Assignment
Set down the material exactly as given, please, from its first line through the line that includes "strcmp (x ∷ a) [] = above".

-- Opening Marker --

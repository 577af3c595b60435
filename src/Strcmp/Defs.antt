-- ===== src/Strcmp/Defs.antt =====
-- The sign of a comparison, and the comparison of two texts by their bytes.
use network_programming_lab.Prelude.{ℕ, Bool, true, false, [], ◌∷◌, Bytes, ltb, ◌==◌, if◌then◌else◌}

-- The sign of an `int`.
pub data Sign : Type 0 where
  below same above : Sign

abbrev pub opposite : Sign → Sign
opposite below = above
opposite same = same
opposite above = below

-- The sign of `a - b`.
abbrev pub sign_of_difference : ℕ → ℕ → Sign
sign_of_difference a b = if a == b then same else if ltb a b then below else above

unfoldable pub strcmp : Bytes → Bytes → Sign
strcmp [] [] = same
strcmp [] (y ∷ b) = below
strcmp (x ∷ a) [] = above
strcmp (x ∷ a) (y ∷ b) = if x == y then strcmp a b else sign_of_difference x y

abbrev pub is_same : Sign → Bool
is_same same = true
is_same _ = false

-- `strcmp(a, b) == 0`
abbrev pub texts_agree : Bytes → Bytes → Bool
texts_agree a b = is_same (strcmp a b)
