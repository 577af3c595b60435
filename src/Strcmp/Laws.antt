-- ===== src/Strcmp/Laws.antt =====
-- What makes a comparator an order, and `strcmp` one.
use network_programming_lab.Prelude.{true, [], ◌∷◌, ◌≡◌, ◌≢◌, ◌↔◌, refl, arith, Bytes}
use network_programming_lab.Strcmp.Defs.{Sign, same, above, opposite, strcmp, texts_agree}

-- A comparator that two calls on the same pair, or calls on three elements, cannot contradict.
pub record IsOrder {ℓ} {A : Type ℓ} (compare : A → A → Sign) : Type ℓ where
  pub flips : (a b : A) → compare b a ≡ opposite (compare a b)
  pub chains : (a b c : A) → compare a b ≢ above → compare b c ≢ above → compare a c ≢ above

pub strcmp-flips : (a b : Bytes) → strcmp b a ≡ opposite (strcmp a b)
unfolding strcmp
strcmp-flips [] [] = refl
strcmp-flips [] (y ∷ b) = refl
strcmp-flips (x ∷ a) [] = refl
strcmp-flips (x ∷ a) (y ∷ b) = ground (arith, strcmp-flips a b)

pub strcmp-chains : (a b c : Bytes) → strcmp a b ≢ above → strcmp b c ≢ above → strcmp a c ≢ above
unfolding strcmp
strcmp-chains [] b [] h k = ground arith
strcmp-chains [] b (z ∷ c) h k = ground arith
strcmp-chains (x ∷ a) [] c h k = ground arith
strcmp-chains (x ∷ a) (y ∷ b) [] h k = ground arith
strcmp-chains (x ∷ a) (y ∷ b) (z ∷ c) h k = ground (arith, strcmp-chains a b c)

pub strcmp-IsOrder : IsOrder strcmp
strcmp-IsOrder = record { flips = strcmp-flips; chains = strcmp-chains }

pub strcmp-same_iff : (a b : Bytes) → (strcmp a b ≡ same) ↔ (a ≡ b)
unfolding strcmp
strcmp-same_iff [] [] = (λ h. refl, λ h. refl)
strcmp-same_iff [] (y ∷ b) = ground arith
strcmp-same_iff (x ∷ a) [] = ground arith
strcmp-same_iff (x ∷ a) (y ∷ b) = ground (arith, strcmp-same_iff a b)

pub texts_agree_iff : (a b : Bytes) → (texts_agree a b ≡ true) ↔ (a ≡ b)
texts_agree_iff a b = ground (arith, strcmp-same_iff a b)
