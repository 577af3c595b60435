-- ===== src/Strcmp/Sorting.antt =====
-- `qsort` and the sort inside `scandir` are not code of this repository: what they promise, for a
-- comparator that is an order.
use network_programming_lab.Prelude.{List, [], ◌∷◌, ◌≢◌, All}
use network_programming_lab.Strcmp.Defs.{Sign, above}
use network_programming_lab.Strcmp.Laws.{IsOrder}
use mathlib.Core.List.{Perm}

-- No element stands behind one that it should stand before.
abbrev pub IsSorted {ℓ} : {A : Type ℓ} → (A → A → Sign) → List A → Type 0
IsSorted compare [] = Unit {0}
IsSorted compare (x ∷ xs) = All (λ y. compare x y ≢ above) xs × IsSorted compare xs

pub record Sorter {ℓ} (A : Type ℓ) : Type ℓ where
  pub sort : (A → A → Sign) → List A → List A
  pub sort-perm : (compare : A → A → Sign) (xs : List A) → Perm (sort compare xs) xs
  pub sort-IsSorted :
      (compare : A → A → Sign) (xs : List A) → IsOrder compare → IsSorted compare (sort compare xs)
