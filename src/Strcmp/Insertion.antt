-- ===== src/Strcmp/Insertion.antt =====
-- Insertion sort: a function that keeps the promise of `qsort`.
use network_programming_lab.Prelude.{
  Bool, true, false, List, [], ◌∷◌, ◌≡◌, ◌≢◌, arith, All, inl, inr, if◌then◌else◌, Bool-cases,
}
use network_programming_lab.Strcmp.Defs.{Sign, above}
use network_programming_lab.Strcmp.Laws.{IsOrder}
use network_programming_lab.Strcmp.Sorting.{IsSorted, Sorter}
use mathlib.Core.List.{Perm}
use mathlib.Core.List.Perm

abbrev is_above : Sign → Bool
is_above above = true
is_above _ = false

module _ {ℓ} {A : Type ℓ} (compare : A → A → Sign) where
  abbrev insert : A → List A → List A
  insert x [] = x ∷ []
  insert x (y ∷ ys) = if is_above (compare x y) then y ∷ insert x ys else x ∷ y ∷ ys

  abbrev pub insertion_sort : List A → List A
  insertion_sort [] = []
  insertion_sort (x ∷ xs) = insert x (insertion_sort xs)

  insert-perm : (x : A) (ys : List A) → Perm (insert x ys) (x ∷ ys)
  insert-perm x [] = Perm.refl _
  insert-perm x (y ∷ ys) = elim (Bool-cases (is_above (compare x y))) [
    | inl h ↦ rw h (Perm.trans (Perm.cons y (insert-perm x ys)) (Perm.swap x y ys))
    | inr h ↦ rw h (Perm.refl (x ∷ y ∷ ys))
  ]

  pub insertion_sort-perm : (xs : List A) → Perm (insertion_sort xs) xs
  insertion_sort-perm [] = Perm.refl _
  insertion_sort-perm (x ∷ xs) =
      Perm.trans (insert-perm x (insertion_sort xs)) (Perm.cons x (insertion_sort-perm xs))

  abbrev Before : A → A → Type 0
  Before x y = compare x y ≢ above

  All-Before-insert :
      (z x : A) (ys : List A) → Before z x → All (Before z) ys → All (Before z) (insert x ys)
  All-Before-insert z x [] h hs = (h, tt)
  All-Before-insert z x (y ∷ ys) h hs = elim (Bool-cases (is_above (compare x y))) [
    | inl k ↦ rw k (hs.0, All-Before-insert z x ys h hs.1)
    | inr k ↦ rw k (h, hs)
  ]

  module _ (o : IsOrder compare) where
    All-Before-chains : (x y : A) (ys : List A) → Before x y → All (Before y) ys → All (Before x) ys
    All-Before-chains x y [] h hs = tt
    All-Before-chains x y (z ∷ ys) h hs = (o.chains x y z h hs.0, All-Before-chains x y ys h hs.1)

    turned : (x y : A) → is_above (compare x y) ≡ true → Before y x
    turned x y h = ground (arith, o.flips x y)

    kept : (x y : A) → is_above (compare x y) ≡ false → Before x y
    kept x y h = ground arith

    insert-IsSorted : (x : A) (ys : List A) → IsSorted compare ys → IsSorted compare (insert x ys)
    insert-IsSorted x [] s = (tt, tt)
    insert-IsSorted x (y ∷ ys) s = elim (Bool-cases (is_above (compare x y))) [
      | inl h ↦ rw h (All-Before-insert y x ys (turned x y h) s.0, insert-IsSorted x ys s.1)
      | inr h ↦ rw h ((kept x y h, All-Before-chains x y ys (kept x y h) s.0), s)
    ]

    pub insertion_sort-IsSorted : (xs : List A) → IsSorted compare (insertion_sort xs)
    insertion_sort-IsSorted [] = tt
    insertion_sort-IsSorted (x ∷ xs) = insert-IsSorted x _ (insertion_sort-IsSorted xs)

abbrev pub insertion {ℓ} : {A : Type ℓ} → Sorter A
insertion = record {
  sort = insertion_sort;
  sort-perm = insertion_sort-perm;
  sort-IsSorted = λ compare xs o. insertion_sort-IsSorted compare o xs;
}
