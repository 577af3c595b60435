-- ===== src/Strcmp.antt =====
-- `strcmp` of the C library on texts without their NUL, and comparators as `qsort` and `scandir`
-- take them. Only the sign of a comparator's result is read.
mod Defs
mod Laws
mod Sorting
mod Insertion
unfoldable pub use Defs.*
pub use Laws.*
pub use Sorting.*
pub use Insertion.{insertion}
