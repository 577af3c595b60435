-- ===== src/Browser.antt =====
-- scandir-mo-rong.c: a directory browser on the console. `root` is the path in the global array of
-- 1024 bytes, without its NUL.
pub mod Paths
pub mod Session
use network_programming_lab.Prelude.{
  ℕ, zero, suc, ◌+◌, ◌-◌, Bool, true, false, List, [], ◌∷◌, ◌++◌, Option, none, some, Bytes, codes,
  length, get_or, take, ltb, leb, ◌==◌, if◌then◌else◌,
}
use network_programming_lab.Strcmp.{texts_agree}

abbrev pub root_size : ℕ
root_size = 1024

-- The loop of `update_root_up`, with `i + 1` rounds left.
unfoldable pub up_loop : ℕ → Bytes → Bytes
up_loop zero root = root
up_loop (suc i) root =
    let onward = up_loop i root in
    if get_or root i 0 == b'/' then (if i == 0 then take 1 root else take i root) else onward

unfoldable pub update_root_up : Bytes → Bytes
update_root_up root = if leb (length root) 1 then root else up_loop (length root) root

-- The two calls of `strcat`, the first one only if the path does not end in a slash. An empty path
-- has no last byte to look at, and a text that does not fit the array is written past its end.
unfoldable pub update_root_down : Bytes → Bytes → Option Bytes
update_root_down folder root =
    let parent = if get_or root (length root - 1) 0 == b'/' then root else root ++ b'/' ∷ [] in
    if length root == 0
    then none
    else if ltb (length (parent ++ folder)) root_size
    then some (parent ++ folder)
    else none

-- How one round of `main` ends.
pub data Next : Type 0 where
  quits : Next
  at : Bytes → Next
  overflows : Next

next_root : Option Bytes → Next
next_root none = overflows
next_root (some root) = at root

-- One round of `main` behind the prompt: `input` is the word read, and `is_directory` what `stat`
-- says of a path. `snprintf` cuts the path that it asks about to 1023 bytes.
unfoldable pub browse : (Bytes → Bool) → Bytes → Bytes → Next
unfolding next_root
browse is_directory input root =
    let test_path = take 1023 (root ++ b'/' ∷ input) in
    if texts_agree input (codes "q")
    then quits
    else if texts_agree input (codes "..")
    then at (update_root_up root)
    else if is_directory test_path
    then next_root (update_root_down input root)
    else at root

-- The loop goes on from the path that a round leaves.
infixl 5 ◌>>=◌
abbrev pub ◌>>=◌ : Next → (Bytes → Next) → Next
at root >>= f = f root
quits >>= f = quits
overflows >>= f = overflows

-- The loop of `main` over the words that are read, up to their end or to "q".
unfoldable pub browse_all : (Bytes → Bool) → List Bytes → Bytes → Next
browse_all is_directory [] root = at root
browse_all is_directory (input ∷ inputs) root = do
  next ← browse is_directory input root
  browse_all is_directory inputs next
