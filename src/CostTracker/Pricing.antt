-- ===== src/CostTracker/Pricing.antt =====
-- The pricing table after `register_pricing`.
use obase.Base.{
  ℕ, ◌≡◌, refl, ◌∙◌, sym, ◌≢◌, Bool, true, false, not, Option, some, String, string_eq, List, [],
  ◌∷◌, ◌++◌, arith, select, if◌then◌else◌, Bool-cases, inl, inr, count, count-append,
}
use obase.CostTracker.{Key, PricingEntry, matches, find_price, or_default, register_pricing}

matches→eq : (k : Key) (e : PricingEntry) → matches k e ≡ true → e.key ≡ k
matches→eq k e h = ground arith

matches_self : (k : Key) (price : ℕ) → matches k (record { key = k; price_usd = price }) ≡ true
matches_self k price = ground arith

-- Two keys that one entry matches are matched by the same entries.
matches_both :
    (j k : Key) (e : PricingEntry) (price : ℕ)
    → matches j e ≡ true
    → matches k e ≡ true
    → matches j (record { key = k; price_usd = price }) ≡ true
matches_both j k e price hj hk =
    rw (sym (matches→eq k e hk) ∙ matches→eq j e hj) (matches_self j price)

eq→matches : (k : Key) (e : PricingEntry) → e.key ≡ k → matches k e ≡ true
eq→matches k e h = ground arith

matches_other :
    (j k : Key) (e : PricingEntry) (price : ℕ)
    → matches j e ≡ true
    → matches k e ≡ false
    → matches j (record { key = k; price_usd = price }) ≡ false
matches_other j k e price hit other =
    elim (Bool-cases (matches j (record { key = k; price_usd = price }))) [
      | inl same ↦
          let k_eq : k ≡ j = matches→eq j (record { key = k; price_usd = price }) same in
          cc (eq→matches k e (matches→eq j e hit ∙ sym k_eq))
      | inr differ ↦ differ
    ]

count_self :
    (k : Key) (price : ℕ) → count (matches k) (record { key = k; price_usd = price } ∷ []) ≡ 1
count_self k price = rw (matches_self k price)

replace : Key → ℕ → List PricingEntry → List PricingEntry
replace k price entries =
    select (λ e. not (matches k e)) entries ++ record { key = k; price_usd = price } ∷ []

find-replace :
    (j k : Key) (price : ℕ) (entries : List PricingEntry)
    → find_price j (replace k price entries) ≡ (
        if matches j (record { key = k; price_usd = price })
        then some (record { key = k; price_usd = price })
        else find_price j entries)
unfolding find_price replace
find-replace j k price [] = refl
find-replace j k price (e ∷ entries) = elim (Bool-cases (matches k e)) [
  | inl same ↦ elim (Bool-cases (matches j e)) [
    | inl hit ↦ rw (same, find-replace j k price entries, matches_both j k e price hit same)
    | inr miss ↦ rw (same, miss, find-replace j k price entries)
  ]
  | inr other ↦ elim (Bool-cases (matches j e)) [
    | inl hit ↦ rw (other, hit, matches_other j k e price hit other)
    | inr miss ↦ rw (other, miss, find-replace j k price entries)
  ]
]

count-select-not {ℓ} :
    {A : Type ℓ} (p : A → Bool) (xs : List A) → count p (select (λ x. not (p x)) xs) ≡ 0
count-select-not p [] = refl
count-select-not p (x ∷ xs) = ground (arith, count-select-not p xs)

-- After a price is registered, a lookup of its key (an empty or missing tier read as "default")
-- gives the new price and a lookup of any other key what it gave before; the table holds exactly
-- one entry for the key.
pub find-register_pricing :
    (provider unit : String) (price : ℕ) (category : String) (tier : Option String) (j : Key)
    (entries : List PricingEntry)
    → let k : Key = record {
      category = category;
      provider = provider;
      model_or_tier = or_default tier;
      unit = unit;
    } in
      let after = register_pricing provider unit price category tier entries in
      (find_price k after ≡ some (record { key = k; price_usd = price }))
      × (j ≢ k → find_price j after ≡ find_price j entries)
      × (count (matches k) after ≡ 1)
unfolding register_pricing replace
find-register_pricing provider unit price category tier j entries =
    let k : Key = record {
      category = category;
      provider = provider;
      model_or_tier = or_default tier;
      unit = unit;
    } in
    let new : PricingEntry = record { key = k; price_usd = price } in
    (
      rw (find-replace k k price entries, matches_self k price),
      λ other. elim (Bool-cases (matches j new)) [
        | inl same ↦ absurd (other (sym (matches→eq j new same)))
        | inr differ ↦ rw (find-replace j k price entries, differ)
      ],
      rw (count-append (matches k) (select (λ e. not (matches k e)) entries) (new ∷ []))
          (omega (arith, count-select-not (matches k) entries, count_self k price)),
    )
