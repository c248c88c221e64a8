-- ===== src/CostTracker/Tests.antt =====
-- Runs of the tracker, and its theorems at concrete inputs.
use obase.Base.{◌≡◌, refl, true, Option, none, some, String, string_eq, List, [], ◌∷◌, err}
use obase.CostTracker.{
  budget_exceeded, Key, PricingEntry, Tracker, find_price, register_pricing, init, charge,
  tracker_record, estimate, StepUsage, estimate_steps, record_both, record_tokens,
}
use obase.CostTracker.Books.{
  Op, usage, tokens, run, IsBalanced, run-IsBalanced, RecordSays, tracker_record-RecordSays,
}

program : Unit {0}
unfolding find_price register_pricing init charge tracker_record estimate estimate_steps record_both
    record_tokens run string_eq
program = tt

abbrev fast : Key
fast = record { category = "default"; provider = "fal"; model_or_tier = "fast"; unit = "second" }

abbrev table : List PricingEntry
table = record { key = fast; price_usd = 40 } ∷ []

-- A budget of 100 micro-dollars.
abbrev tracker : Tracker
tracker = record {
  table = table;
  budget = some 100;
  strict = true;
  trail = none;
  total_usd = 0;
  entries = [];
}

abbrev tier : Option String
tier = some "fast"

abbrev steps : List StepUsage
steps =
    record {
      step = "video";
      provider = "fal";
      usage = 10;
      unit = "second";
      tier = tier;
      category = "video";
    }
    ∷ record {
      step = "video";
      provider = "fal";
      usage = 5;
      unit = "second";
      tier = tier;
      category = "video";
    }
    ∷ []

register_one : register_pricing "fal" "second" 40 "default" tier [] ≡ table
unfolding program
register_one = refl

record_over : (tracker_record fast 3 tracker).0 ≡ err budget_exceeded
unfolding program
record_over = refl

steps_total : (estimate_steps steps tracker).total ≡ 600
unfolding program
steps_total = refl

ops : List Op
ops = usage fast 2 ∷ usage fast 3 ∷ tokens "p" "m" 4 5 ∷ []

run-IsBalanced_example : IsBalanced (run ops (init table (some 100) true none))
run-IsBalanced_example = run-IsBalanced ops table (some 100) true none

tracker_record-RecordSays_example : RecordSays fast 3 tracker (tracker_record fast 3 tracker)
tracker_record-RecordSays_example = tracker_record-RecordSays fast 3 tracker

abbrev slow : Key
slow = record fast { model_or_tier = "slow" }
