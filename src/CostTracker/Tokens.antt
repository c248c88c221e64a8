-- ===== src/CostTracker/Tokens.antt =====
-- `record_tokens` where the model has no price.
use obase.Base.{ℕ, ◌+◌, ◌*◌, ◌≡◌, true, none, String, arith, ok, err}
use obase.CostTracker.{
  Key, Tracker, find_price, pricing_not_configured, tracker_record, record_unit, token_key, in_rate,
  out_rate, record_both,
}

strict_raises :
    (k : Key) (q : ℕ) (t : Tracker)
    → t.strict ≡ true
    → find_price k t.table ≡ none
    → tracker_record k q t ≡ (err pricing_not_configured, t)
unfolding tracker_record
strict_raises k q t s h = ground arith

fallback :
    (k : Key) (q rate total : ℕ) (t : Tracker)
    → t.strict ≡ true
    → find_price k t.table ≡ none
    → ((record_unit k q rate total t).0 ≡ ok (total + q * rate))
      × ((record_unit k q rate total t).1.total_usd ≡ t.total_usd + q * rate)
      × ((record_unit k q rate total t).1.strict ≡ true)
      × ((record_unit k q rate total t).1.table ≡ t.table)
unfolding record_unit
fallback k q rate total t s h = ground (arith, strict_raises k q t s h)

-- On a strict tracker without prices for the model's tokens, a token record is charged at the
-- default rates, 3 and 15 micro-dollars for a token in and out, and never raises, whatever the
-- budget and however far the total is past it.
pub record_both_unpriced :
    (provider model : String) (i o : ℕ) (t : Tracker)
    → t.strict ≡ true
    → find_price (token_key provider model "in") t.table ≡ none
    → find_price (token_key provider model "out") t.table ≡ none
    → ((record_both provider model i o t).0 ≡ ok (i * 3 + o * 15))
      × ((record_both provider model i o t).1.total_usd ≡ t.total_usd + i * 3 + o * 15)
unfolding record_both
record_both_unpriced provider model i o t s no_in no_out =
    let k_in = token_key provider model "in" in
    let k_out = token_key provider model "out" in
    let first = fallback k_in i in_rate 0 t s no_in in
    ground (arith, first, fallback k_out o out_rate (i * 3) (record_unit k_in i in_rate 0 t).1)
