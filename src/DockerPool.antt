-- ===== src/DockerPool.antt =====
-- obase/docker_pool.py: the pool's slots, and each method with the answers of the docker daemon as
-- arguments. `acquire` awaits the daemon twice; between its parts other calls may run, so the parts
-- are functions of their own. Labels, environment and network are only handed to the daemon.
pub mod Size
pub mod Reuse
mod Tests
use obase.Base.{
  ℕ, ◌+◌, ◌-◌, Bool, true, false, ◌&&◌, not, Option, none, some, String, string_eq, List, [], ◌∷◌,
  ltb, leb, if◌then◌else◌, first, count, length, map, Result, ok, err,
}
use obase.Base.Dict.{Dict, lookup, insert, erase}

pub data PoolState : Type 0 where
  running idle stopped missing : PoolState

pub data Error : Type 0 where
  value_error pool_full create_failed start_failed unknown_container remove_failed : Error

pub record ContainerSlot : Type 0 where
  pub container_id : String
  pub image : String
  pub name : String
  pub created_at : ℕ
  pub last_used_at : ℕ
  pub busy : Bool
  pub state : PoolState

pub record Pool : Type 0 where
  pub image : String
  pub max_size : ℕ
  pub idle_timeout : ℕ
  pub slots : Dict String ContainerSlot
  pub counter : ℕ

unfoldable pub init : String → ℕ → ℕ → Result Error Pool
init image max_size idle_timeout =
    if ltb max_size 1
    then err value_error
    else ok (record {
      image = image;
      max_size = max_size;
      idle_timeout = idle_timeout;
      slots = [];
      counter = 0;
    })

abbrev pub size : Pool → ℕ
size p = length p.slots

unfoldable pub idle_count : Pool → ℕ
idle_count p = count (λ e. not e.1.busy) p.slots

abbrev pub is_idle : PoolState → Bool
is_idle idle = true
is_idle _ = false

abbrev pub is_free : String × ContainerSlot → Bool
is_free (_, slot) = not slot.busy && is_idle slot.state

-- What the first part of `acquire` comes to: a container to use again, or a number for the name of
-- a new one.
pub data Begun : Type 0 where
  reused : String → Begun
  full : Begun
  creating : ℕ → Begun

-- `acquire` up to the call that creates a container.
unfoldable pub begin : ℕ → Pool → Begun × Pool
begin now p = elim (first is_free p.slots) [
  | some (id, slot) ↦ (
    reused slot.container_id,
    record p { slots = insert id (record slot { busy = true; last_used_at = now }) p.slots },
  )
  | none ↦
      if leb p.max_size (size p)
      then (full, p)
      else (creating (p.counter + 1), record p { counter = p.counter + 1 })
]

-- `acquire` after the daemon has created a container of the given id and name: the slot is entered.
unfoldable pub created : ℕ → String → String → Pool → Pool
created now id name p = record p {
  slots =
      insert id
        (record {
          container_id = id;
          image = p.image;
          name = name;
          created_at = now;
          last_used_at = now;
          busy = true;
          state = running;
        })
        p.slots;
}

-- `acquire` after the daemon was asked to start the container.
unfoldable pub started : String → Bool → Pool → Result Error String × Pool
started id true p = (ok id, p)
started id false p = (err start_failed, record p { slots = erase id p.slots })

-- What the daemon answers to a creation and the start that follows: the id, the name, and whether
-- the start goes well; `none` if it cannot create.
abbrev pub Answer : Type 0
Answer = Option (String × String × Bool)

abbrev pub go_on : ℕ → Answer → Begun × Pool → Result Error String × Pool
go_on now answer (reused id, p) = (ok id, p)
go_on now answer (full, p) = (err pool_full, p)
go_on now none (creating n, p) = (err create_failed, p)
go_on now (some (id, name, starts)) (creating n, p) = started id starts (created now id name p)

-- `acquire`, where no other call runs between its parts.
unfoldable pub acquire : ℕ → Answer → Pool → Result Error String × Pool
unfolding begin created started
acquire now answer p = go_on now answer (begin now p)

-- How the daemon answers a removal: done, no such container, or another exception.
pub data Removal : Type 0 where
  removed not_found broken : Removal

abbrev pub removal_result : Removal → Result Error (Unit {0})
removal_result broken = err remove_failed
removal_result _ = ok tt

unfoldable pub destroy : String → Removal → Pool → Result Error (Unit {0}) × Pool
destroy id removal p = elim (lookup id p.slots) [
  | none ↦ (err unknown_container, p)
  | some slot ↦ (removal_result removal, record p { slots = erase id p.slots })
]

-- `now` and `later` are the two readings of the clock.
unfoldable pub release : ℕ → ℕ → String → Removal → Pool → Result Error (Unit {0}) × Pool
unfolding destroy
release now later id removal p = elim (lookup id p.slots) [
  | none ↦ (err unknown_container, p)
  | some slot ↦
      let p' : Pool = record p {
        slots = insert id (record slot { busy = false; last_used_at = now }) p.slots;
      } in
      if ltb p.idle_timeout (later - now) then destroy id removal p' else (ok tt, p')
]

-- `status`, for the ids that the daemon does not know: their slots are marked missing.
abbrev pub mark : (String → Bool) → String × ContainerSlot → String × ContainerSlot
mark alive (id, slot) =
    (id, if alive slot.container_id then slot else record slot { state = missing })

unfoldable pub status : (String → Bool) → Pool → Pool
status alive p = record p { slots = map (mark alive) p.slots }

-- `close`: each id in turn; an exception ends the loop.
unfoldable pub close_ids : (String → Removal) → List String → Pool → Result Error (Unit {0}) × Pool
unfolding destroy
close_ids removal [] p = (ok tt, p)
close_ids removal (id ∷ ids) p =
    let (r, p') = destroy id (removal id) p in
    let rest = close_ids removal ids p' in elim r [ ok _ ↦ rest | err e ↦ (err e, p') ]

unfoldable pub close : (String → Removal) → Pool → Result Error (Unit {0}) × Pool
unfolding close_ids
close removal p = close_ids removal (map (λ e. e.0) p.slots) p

-- Closing Marker --

Answer below
repository 577af3c595b60435
filename src/Strcmp/Defs.antt
-- ===== src/Strcmp/Defs.antt =====
-- The sign of a comparison, and the comparison of two texts by their bytes.
use network_programming_lab.Prelude.{ℕ, Bool, true, false, [], ◌∷◌, Bytes, ltb, ◌==◌, if◌then◌else◌}

-- The sign of an `int`.
pub data Sign : Type 0 where
  below same above : Sign

abbrev pub opposite : Sign → Sign
opposite below = above
opposite same = same
opposite above = below

-- The sign of `a - b`.
abbrev pub sign_of_difference : ℕ → ℕ → Sign
sign_of_difference a b = if a == b then same else if ltb a b then below else above

unfoldable pub strcmp : Bytes → Bytes → Sign
strcmp [] [] = same
strcmp [] (y ∷ b) = below
strcmp (x ∷ a) [] = above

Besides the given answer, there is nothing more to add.